(GIVEN INFORMATION Opens)
-- ===== src/Keypool/Manager/Persistence.antt =====
-- The usage that the pool keeps in memory against the usage that reaches the database.
use keypooler.Base.{
  ℕ, suc, ◌≡◌, ◌≢◌, refl, sym, ap, ◌∙◌, subst, ◌⊎◌, inl, inr, String, Bool, true, false, Option,
  none, some, arith, str_eq, str_eq_refl, Bool-cases, if◌then◌else◌, is_some, Option-cases,
  get_elem?, set, get_elem?-set_self, get_elem?-set_ne, get_elem?-some, ℕ_discrete,
}
use keypooler.Base.Int.{ℤ, pos, ◌≤ℤ◌}
use keypooler.Base.Dict.{Dict, lookup, insert}
use keypooler.Db.Postgres.{to_micros, UsageRow, add_count, set_count}
use keypooler.Writeback.{Writer}
use keypooler.Writeback.Refinement.{apply, row-served, row-window_reset}
use keypooler.Keypool.Types.{
  RateCounter, PoolKey, Consumed, reached, roll, counter, try_rate, consume, try_consume_usage,
}
use keypooler.Keypool.Types.Usage.{Accounts, try_consume_usage-Accounts}
use keypooler.Keypool.Manager.Draw.{some_inj}
use keypooler.Keypool.Manager.Invariant.{IsKept, get_key_for_feature-kept, key_by_id-kept}
use keypooler.Keypool.Manager.{
  get_key_for_feature, key_by_id, Manager, after_attempt, outcome_of, rate_then, attempt,
  persist_usage, persist_limited,
}

-- The usage columns as the key in memory has them, its window's start as a column keeps it.
abbrev pub usage_row : PoolKey → UsageRow
usage_row k = record {
  usage_count = k.usage_count;
  usage_window_start = to_micros k.usage_window_start;
}

-- What is pending for the key, written to `row`, gives what memory holds.
abbrev pub IsSynced : Writer → PoolKey → UsageRow → Type 0
IsSynced w k row = apply (lookup k.id w.usage) row ≡ usage_row k

persist_usage-own :
    (w : Writer) (id : String) (r : Consumed) (row : UsageRow)
    → apply (lookup id (persist_usage w id r).usage) row ≡ (
        if r.did_reset
        then set_count 1 r.window_start (apply (lookup id w.usage) row)
        else add_count 1 (apply (lookup id w.usage) row))
unfolding persist_usage
persist_usage-own w id r row = elim (Bool-cases r.did_reset) [
  | inl e ↦ rw (e, row-window_reset w id r.window_start id row, str_eq_refl id)
  | inr e ↦ rw (e, row-served w id id row, str_eq_refl id)
]

persist_usage-other :
    (w : Writer) (id j : String) (r : Consumed) (row : UsageRow)
    → str_eq id j ≡ false
    → apply (lookup j (persist_usage w id r).usage) row ≡ apply (lookup j w.usage) row
unfolding persist_usage
persist_usage-other w id j r row ne = elim (Bool-cases r.did_reset) [
  | inl e ↦ rw (e, row-window_reset w id r.window_start j row, ne)
  | inr e ↦ rw (e, row-served w id j row, ne)
]

-- `TryRate` touches the rate counters alone.
try_rate_only :
    (k : PoolKey) (feature : String) (t : ℕ)
    → (c : Dict RateCounter) × ((try_rate k feature t).0 ≡ record k { rate_counters = c })
unfolding try_rate
try_rate_only k feature t = elim (Option-cases (lookup feature k.features)) [
  | inl e ↦ (k.rate_counters, rw (e, try_rate))
  | inr (fl, e) ↦
      let rc = roll fl t (counter k feature) in
      elim (Bool-cases (reached rc.count fl.rate_limit)) [
        | inl full ↦ (insert feature rc k.rate_counters, rw (e, try_rate) (rw full))
        | inr free ↦ (
          insert feature (record rc { count = suc rc.count }) k.rate_counters,
          rw (e, try_rate) (rw free),
        )
      ]
]

-- A usage limit that lets at least one call through.
abbrev pub IsPositive : Option ℤ → Type 0
IsPositive none = Unit {0}
IsPositive (some limit) = pos 1 ≤ℤ limit

-- The usage columns and the identity of a key after an attempt, and what is persisted of it.
pub record Persists (w : Writer) (k k' : PoolKey) (row : UsageRow) (w' : Writer) : Type 0 where
  pub same_id : k'.id ≡ k.id
  pub same_limit : k'.usage_limit ≡ k.usage_limit
  pub synced : IsSynced w k row → IsSynced w' k' row
  pub others :
      (j : String) (r : UsageRow)
      → str_eq k.id j ≡ false
      → apply (lookup j w'.usage) r ≡ apply (lookup j w.usage) r

abbrev writer_after : Writer → PoolKey × Option Consumed → Writer
writer_after w (k, none) = w
writer_after w (k, some r) = persist_limited w k r

-- With a limit: a grant is persisted as it was counted, a refusal has changed nothing.
module _ (w : Writer) (k k' : PoolKey) (limit : ℤ) (now : ℕ) (r : Consumed) (row : UsageRow)
    (has : k.usage_limit ≡ some limit) (a : Accounts k limit now k' r) where
  pending : UsageRow
  pending = apply (lookup k'.id w.usage) row

  granted-row :
      r.ok ≡ true
      → pending ≡ usage_row k
      → (if r.did_reset then set_count 1 r.window_start pending else add_count 1 pending)
        ≡ usage_row k'
  granted-row ok e = ground (arith, a.granted ok, a.started, a.reported)

  refused-row : r.ok ≡ false → pos 1 ≤ℤ limit → usage_row k ≡ usage_row k'
  refused-row refused positive = ground (arith, a.refused refused, a.started)

  granted-Persists : r.ok ≡ true → Persists w k k' row (persist_limited w k' r)
  unfolding pending
  granted-Persists ok = subst (Persists w k k' row) (sym limited) (record {
    same_id = a.kept_id;
    same_limit = a.kept;
    synced = λ e.
        persist_usage-own w k'.id r row
        ∙ granted-row ok (ap (λ id. apply (lookup id w.usage) row) a.kept_id ∙ e);
    others = λ j r' ne. persist_usage-other w k'.id j r r' (ap (λ id. str_eq id j) a.kept_id ∙ ne);
  })
    where
      limited : persist_limited w k' r ≡ persist_usage w k'.id r
      limited = ap (λ o. if is_some o then persist_usage w k'.id r else w) (a.kept ∙ has)

  refused-Persists : r.ok ≡ false → pos 1 ≤ℤ limit → Persists w k k' row w
  refused-Persists refused positive = record {
    same_id = a.kept_id;
    same_limit = a.kept;
    synced =
        λ e. ap (λ id. apply (lookup id w.usage) row) a.kept_id ∙ e ∙ refused-row refused positive;
    others = λ j r' ne. refl;
  }

-- The same for every outcome, and for a key without a limit.
outcome-Persists :
    (w : Writer) (k k' : PoolKey) (limit : ℤ) (now : ℕ) (r : Consumed) (row : UsageRow) (ok : Bool)
    → r.ok ≡ ok
    → k.usage_limit ≡ some limit
    → Accounts k limit now k' r
    → pos 1 ≤ℤ limit
    → Persists w k k' row (writer_after w (k', outcome_of ok r))
outcome-Persists w k k' limit now r row true e has a positive =
    granted-Persists w k k' limit now r row has a e
outcome-Persists w k k' limit now r row false e has a positive =
    refused-Persists w k k' limit now r row has a e positive

unchanged-Persists : (w : Writer) (k : PoolKey) (row : UsageRow) → Persists w k k row w
unchanged-Persists w k row = record {
  same_id = refl;
  same_limit = refl;
  synced = λ e. e;
  others = λ j r ne. refl;
}

abbrev consumed : PoolKey → ℕ → PoolKey × Option Consumed
consumed k now = rate_then true k (try_consume_usage k now)

abbrev unlimited : Consumed
unlimited = record { ok = true; did_reset = false; window_start = 0 }

consume_unlimited :
    (k : PoolKey) (now : ℕ) → k.usage_limit ≡ none → try_consume_usage k now ≡ (k, unlimited)
unfolding try_consume_usage
consume_unlimited k now e = ap (consume k now) e

consumed-Persists :
    (w : Writer) (k : PoolKey) (now : ℕ) (row : UsageRow) (limit : Option ℤ)
    → k.usage_limit ≡ limit
    → IsPositive limit
    → Persists w k (consumed k now).0 row (writer_after w (consumed k now))
consumed-Persists w k now row none e positive =
    subst (λ c. Persists w k (rate_then true k c).0 row (writer_after w (rate_then true k c)))
      (sym (consume_unlimited k now e))
      (subst
        (λ (o : Option ℤ).
          Persists w k k row (if is_some o then persist_usage w k.id unlimited else w))
        (sym e) (unchanged-Persists w k row))
consumed-Persists w k now row (some limit) e positive =
    outcome-Persists w k _ limit now _ row _ refl e (try_consume_usage-Accounts k limit now e)
      positive

-- A key that differs in its rate counters alone is persisted alike.
rebase :
    (w w' : Writer) (k k' : PoolKey) (c : Dict RateCounter) (row : UsageRow)
    → Persists w (record k { rate_counters = c }) k' row w'
    → Persists w k k' row w'
rebase w w' k k' c row p = record {
  same_id = p.same_id;
  same_limit = p.same_limit;
  synced = p.synced;
  others = p.others;
}

rated-Persists :
    (w : Writer) (k rated : PoolKey) (u : ℕ) (row : UsageRow) (passed : Bool) (c : Dict RateCounter)
    → IsPositive k.usage_limit
    → rated ≡ record k { rate_counters = c }
    → let tried = rate_then passed rated (try_consume_usage rated u) in
      Persists w k tried.0 row (writer_after w tried)
rated-Persists w k rated u row false c positive e =
    subst (λ x. Persists w k x row w) (sym e) (rebase w w k _ c row (unchanged-Persists w _ row))
rated-Persists w k rated u row true c positive e =
    subst (λ x. Persists w k (consumed x u).0 row (writer_after w (consumed x u))) (sym e)
      (rebase w _ k _ c row
        (consumed-Persists w (record k { rate_counters = c }) u row k.usage_limit refl positive))

attempt-Persists :
    (w : Writer) (k : PoolKey) (feature : String) (t u : ℕ) (row : UsageRow)
    → IsPositive k.usage_limit
    → let tried = attempt k feature t u in Persists w k tried.0 row (writer_after w tried)
unfolding attempt
attempt-Persists w k feature t u row positive =
    let (c, e) = try_rate_only k feature t in
    rated-Persists w k (try_rate k feature t).0 u row (try_rate k feature t).1 c positive e

-- The pool and the rows of the database: ids differ, limits let a call through, and what is pending for a key,
-- written to its row, gives the usage that the pool holds of it.
pub record PoolSynced (rows : String → UsageRow) (m : Manager) : Type 0 where
  pub distinct :
      (p q : ℕ) (k j : PoolKey)
      → get_elem? m.keys p ≡ some k
      → get_elem? m.keys q ≡ some j
      → p ≢ q
      → str_eq k.id j.id ≡ false
  pub positive : (p : ℕ) (k : PoolKey) → get_elem? m.keys p ≡ some k → IsPositive k.usage_limit
  pub synced : (p : ℕ) (k : PoolKey) → get_elem? m.keys p ≡ some k → IsSynced m.usage k (rows k.id)

-- The manager with another key at a position, and another writer.
module _ (rows : String → UsageRow) (m m' : Manager) (p : ℕ) (k k' : PoolKey)
    (h : PoolSynced rows m) (held : get_elem? m.keys p ≡ some k) (keys : m'.keys ≡ set m.keys p k')
    (law : (row : UsageRow) → Persists m.usage k k' row m'.usage) where
  -- A key of the new pool is the new one, or an old one at another position.
  cases :
      (q : ℕ) (j : PoolKey)
      → get_elem? m'.keys q ≡ some j
      → ((q ≡ p) × (j ≡ k')) ⊎ ((p ≢ q) × (get_elem? m.keys q ≡ some j))
  cases q j e = elim (ℕ_discrete p q) [
    | yes same ↦ inl (
      sym same,
      some_inj j k' (
          sym e
          ∙ ap (λ l. get_elem? l q) keys
          ∙ ap (get_elem? (set m.keys p k')) (sym same)
          ∙ get_elem?-set_self m.keys p k' (get_elem?-some m.keys p k held)),
    )
    | no apart ↦
        inr (
          apart,
          sym (get_elem?-set_ne m.keys p q k' apart) ∙ sym (ap (λ l. get_elem? l q) keys) ∙ e,
        )
  ]

  id_kept : k'.id ≡ k.id
  id_kept = (law (rows k.id)).same_id

  distinct_after :
      (q r : ℕ) (i j : PoolKey)
      → get_elem? m'.keys q ≡ some i
      → get_elem? m'.keys r ≡ some j
      → q ≢ r
      → str_eq i.id j.id ≡ false
  distinct_after q r i j ei ej apart = distinct_cases (cases q i ei) (cases r j ej)
    where
      distinct_cases :
          ((q ≡ p) × (i ≡ k')) ⊎ ((p ≢ q) × (get_elem? m.keys q ≡ some i))
          → ((r ≡ p) × (j ≡ k')) ⊎ ((p ≢ r) × (get_elem? m.keys r ≡ some j))
          → str_eq i.id j.id ≡ false
      distinct_cases (inl (a, _)) (inl (b, _)) = absurd (apart (a ∙ sym b))
      distinct_cases (inl (a, e)) (inr (ne, old)) =
          (λ t. str_eq ((ap (λ (x : PoolKey). x.id) e ∙ id_kept) t) j.id)
          ∙ h.distinct p r k j held old ne
      distinct_cases (inr (ne, old)) (inl (b, e)) =
          (λ t. str_eq i.id ((ap (λ (x : PoolKey). x.id) e ∙ id_kept) t))
          ∙ h.distinct q p i k old held (λ same. ne (sym same))
      distinct_cases (inr (_, old)) (inr (_, old')) = h.distinct q r i j old old' apart

  IsPositive-after : (q : ℕ) (j : PoolKey) → get_elem? m'.keys q ≡ some j → IsPositive j.usage_limit
  IsPositive-after q j e = elim (cases q j e) [
    | inl (_, new) ↦
        subst IsPositive
          (sym (ap (λ (x : PoolKey). x.usage_limit) new ∙ (law (rows k.id)).same_limit))
          (h.positive p k held)
    | inr (_, old) ↦ h.positive q j old
  ]

  IsSynced-after :
      (q : ℕ) (j : PoolKey) → get_elem? m'.keys q ≡ some j → IsSynced m'.usage j (rows j.id)
  IsSynced-after q j e = elim (cases q j e) [
    | inl (_, new) ↦
        subst (λ (x : PoolKey). IsSynced m'.usage x (rows x.id)) (sym new)
          (subst (λ id. IsSynced m'.usage k' (rows id)) (sym id_kept)
            ((law (rows k.id)).synced (h.synced p k held)))
    | inr (ne, old) ↦
        (law (rows k.id)).others j.id (rows j.id) (h.distinct p q k j held old ne)
        ∙ h.synced q j old
  ]

  replaced-PoolSynced : PoolSynced rows m'
  replaced-PoolSynced = record {
    distinct = distinct_after;
    positive = IsPositive-after;
    synced = IsSynced-after;
  }

after_attempt-PoolSynced :
    (rows : String → UsageRow) (m : Manager) (p : ℕ) (k k' : PoolKey) (o : Option Consumed)
    → PoolSynced rows m
    → get_elem? m.keys p ≡ some k
    → ((row : UsageRow) → Persists m.usage k k' row (writer_after m.usage (k', o)))
    → PoolSynced rows (after_attempt m p (k', o))
after_attempt-PoolSynced rows m p k k' none h held law =
    replaced-PoolSynced rows m _ p k k' h held refl law
after_attempt-PoolSynced rows m p k k' (some r) h held law =
    replaced-PoolSynced rows m _ p k k' h held refl law

PoolSynced-IsKept : (rows : String → UsageRow) → IsKept (PoolSynced rows)
PoolSynced-IsKept rows = record {
  attempted = λ m feature p k t u held h.
      after_attempt-PoolSynced rows m p k _ _ h held
        (λ row. attempt-Persists m.usage k feature t u row (h.positive p k held));
  advanced = λ m h. record { distinct = h.distinct; positive = h.positive; synced = h.synced };
}

-- A draw keeps the database in step with the pool: if what is pending for each key, written to its row, gives
-- the usage count and window that the pool holds, its start as the column keeps it, then it does so after `GetKeyForFeature` and after
-- `KeyByID`, whatever they answer. The keys are assumed to have distinct ids and no usage
-- limit below 1.
pub draws-PoolSynced :
    (rows : String → UsageRow) (m : Manager) (id feature : String) (allowed : Option (Dict Bool))
    (clock : ℕ → ℕ)
    → PoolSynced rows m
    → PoolSynced rows (get_key_for_feature m feature allowed clock).0
      × PoolSynced rows (key_by_id m id feature allowed clock).0
draws-PoolSynced rows m id feature allowed clock h = (
  get_key_for_feature-kept (PoolSynced rows) (PoolSynced-IsKept rows) feature clock allowed m h,
  key_by_id-kept (PoolSynced rows) (PoolSynced-IsKept rows) feature clock allowed m id h,
)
(GIVEN INFORMATION Closes)
> **YOUR OBJECTIVE**: State how many lines of the records above hold the word "allowed", adding nothing beyond the number.

> **ANSWER TO THIS TASK**: 6